Generate Docker files in your project:

```bash
# Initialize with Docker files
aimq init --docker

# This creates:
# - Dockerfile (optimized for your project)
# - docker-compose.yml (with volume mounts)
# - .dockerignore

# Start the worker
docker-compose up -d

# View logs
docker-compose logs -f

# Stop
docker-compose down
```

### Option 2: Published Image (Recommended for Production)

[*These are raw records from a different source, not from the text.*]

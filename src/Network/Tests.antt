-- ===== src/Network/Tests.antt =====
-- A packet of the client's worker, the echo of one of the servers, and the answer.
use mathlib.Core.Path.{subst}
use mathlib.Core.Option.{some-injective}
use win_udpsharded_echo.Prelude.{
  ℕ, ◌-◌, ◌<◌, ◌≤◌, ◌≡◌, refl, sym, List, [], ◌∷◌, ◌++◌, Bool, false, arith, ◌==◌, Within, inl,
  update, member,
}
use win_udpsharded_echo.Float.Fixed.{Fixed, fixed_double}
use win_udpsharded_echo.Cc.Null.{null_congestion_controller}
use win_udpsharded_echo.SocketUtils.Io.{recv, accepted, max_packet_size, post_recv, post_send}
use win_udpsharded_echo.SocketUtils.Contexts.{pool, count, complete}
use win_udpsharded_echo.SocketUtils.Packet.{PacketHeader, put_header, header_bytes, le_bytes}
use win_udpsharded_echo.Server.Worker.{
  Worker, going, serve, serve_at, handle, handle_recv_completion, reply, reply_async, count_reply,
  start, post_all,
}
use win_udpsharded_echo.Server.Reach
use win_udpsharded_echo.Server.Echo.{worker_of}
use win_udpsharded_echo.Server.Tests.{outcomes}
use win_udpsharded_echo.Client.Worker.{
  Client, runs, send_packet, build_packet, sample_pacing, count_send, take_completion, complete_at,
  handle_completion, count_echo, take_echo, rearm,
}
use win_udpsharded_echo.Client.Loop.{launch, post_down}
use win_udpsharded_echo.Client.Reach.{Note, sent, answered, answers}
use win_udpsharded_echo.Client.Tests.Worker.{
  length-zeros, fresh, fresh-IsFresh, config, unpaced, tick, on_its_way,
}
use win_udpsharded_echo.Exchange.Tests.{request, response, arrival, echo, echoed}
use win_udpsharded_echo.Network.{Net, begun, sends, serves, Comes}
use win_udpsharded_echo.Network.Measured.{HasTimed, Net-measures}

abbrev is_mine : ℕ → Bool
is_mine a = a == 77

abbrev Together : Client Fixed Unit → List Note → List PacketHeader → (ℕ → Worker) → Type 0
Together = Net null_congestion_controller config false is_mine

abbrev packet : PacketHeader
packet = record { sequence_number = 0; timestamp_ns = 100 }

abbrev idle : Worker
idle = start outcomes fresh

abbrev served : Worker
served = worker_of (serve false arrival idle)

abbrev servers : ℕ → Worker
servers = update 4 served (λ k. idle)

sent_one : Together on_its_way (sent 0 ∷ []) (packet ∷ []) (λ k. idle)
unfolding send_packet count_send build_packet sample_pacing launch post_send
sent_one =
    sends tick 31 (pool 15)
      (begun unpaced (λ j. accepted) fresh (λ k. outcomes) (λ k. fresh) fresh-IsFresh
        (λ k. record {
          answered = refl;
          operation_recv = λ j. refl;
          sized = λ j. length-zeros max_packet_size;
        }))
      (omega arith, omega arith) refl refl

on_wire : on_its_way.io.wire ≡ request ∷ []
unfolding send_packet count_send build_packet sample_pacing launch post_send post_down post_recv
    put_header header_bytes le_bytes
on_wire = refl

server-IsDue : Reach.IsDue arrival idle.io
unfolding start post_all post_recv
server-IsDue c h = subst (λ j. 0 < count j idle.io.pending) (some-injective 3 c h) (omega arith)

served_going : serve false arrival idle ≡ going served
unfolding serve serve_at handle handle_recv_completion reply reply_async count_reply start post_all
    post_recv post_send complete
served_going = refl

echoed_one : Together on_its_way (sent 0 ∷ []) (packet ∷ []) servers
echoed_one =
    serves 4 arrival sent_one server-IsDue (refl, omega arith)
      (λ m. (request, subst (Within request) (sym on_wire) (inl refl), refl)) served_going

response_sent : Within response served.io.wire
unfolding serve serve_at handle handle_recv_completion reply reply_async count_reply start post_all
    post_recv post_send complete
response_sent = inl refl

response-Comes : Comes is_mine echo (packet ∷ []) servers
response-Comes = record {
  sender = 4;
  datagram = response;
  was_sent = response_sent;
  to_client = refl;
  bytes = refl;
  on_time = (omega arith, tt);
}

echo_taken : take_completion null_congestion_controller config echo on_its_way ≡ runs echoed
unfolding send_packet count_send build_packet sample_pacing launch post_send post_down post_recv
    take_completion complete_at handle_completion count_echo take_echo rearm member
echo_taken = refl

abbrev notes : List Note
notes = answers null_congestion_controller config echo on_its_way ++ sent 0 ∷ []

is_receive : (on_its_way.io.contexts 3).operation ≡ recv
unfolding send_packet count_send build_packet sample_pacing launch post_send post_down post_recv
is_receive = refl

Net-measures_example :
    (p : PacketHeader) × Within p (packet ∷ [])
    × ((q : PacketHeader) → Within q (packet ∷ []) → p.sequence_number ≡ q.sequence_number → p ≡ q)
    × (answers null_congestion_controller config echo on_its_way ≡ answered p.sequence_number ∷ [])
    × (p.timestamp_ns ≤ 350)
    × HasTimed on_its_way echoed (350 - p.timestamp_ns)
Net-measures_example =
    Net-measures null_congestion_controller config false is_mine (omega arith) echo 3 echoed_one
      (omega arith) (refl, omega arith) refl is_receive response-Comes (omega arith) echo_taken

Use the pre-built AIMQ image from the registry:

**With local tasks.py (development):**
```bash
docker run --rm \
  -v $(pwd)/tasks.py:/app/tasks.py:ro \
  -v $(pwd)/.env:/app/.env:ro \
  aimq:latest
```

**With git repository (production):**
```bash
# Load tasks from a git repository
docker run --rm \
  -e AIMQ_TASKS=git:mycompany/aimq-tasks@production \
  -e SUPABASE_URL=https://xxx.supabase.co \
  -e SUPABASE_KEY=your-key \
  aimq:latest
```

**Docker Compose with git repository:**
```yaml
version: '3.8'

services:
  aimq-worker:
    image: aimq:latest
    environment:
      - AIMQ_TASKS=git:mycompany/aimq-tasks@production
      - SUPABASE_URL=${SUPABASE_URL}
      - SUPABASE_KEY=${SUPABASE_KEY}
      - WORKER_NAME=aimq-worker
    restart: unless-stopped
```

### Git URL Patterns

AIMQ supports npm-style git URLs for loading tasks from repositories:

- `git:user/repo` - Default branch from GitHub
- `git:user/repo@branch` - Specific branch or tag
- `git:user/repo#path/to/tasks` - Subdirectory in monorepo
- `git:gitlab.com/user/repo@v1.0.0` - Full URL with version

### Production Deployment Tips

- **Scaling**: Run multiple worker containers for parallel processing
- **Git Repos**: Store tasks in version-controlled repositories for GitOps workflows
- **Secrets**: Use Docker secrets or environment variable injection
- **Monitoring**: Add health checks and logging aggregation
- **Resource Limits**: Set memory/CPU limits based on AI model requirements
- **Authentication**: For private git repos, mount SSH keys or use HTTPS tokens

For detailed Docker deployment patterns and troubleshooting, see [docker/README.md](docker/README.md).

## Development

This project uses [just](https://github.com/casey/just) as a task runner. Install it with:

```bash
# macOS
brew install just

# Other platforms: https://github.com/casey/just#installation
```

### Common Tasks

```bash
# Setup development environment
just install

# Run tests
just test
just test-cov          # With coverage

# Code quality
just lint              # Check code style
just format            # Format code
just type-check        # Type checking
just ci                # Run all checks (lint + type + test)

# Docker
just dev               # Start dev environment
just dev-build         # Build and start
just logs              # View logs

# Documentation
just docs-serve        # Serve docs locally

# See all available tasks
just --list
```

### Contributing

1. Fork the repository
2. Create a feature branch
3. Make your changes
4. Run quality checks: `just ci`
5. Submit a pull request

## License

MIT License - see [LICENSE](LICENSE) for details.